> **Records to process**
——————————

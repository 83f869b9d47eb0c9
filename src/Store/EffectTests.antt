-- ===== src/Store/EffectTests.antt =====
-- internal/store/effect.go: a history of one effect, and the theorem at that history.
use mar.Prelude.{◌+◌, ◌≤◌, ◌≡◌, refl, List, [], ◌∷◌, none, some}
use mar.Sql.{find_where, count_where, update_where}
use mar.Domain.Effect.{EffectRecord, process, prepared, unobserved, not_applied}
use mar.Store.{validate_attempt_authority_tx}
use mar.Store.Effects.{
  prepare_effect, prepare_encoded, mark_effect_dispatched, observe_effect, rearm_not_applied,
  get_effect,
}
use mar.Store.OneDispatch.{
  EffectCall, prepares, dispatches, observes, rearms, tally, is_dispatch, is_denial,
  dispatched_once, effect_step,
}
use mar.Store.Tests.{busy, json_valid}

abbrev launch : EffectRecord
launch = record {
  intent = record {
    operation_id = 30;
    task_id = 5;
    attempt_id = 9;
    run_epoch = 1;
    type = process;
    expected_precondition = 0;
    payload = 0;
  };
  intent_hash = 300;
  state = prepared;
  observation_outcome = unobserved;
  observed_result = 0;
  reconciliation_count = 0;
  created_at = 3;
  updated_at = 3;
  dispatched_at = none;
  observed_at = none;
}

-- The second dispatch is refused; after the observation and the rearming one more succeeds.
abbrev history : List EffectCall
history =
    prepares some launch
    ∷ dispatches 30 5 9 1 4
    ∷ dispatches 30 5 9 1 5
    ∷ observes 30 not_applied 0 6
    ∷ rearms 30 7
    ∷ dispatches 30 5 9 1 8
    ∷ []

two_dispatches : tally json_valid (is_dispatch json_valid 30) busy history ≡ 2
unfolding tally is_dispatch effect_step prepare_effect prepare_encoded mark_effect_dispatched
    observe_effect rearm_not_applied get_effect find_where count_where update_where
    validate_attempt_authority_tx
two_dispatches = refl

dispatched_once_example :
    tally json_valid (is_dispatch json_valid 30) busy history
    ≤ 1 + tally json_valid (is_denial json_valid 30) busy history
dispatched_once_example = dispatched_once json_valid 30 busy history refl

——————————

> **Task details**
An exact restatement of the data is required.

> **Expected answer**
repository 83f869b9d47eb0c9
filename src/Store/EffectTests.antt
-- ===== src/Store/EffectTests.antt =====
-- internal/store/effect.go: a history of one effect, and the theorem at that history.
use mar.Prelude.{◌+◌, ◌≤◌, ◌≡◌, refl, List, [], ◌∷◌, none, some}
use mar.Sql.{find_where, count_where, update_where}
use mar.Domain.Effect.{EffectRecord, process, prepared, unobserved, not_applied}
use mar.Store.{validate_attempt_authority_tx}
use mar.Store.Effects.{
  prepare_effect, prepare_encoded, mark_effect_dispatched, observe_effect, rearm_not_applied,
  get_effect,
}
use mar.Store.OneDispatch.{
  EffectCall, prepares, dispatches, observes, rearms, tally, is_dispatch, is_denial,
  dispatched_once, effect_step,
}
use mar.Store.Tests.{busy, json_valid}

abbrev launch : EffectRecord
launch = record {
  intent = record {
    operation_id = 30;
    task_id = 5;
    attempt_id = 9;
    run_epoch = 1;
    type = process;
    expected_precondition = 0;
    payload = 0;
  };
  intent_hash = 300;
  state = prepared;
  observation_outcome = unobserved;
  observed_result = 0;
  reconciliation_count = 0;
  created_at = 3;
  updated_at = 3;
  dispatched_at = none;
  observed_at = none;
}

-- The second dispatch is refused; after the observation and the rearming one more succeeds.
abbrev history : List EffectCall
history =
    prepares some launch
    ∷ dispatches 30 5 9 1 4
    ∷ dispatches 30 5 9 1 5
    ∷ observes 30 not_applied 0 6
    ∷ rearms 30 7
    ∷ dispatches 30 5 9 1 8
    ∷ []

two_dispatches : tally json_valid (is_dispatch json_valid 30) busy history ≡ 2
unfolding tally is_dispatch effect_step prepare_effect prepare_encoded mark_effect_dispatched
    observe_effect rearm_not_applied get_effect find_where count_where update_where
    validate_attempt_authority_tx
two_dispatches = refl

dispatched_once_example :
    tally json_valid (is_dispatch json_valid 30) busy history
    ≤ 1 + tally json_valid (is_denial json_valid 30) busy history
dispatched_once_example = dispatched_once json_valid 30 busy history refl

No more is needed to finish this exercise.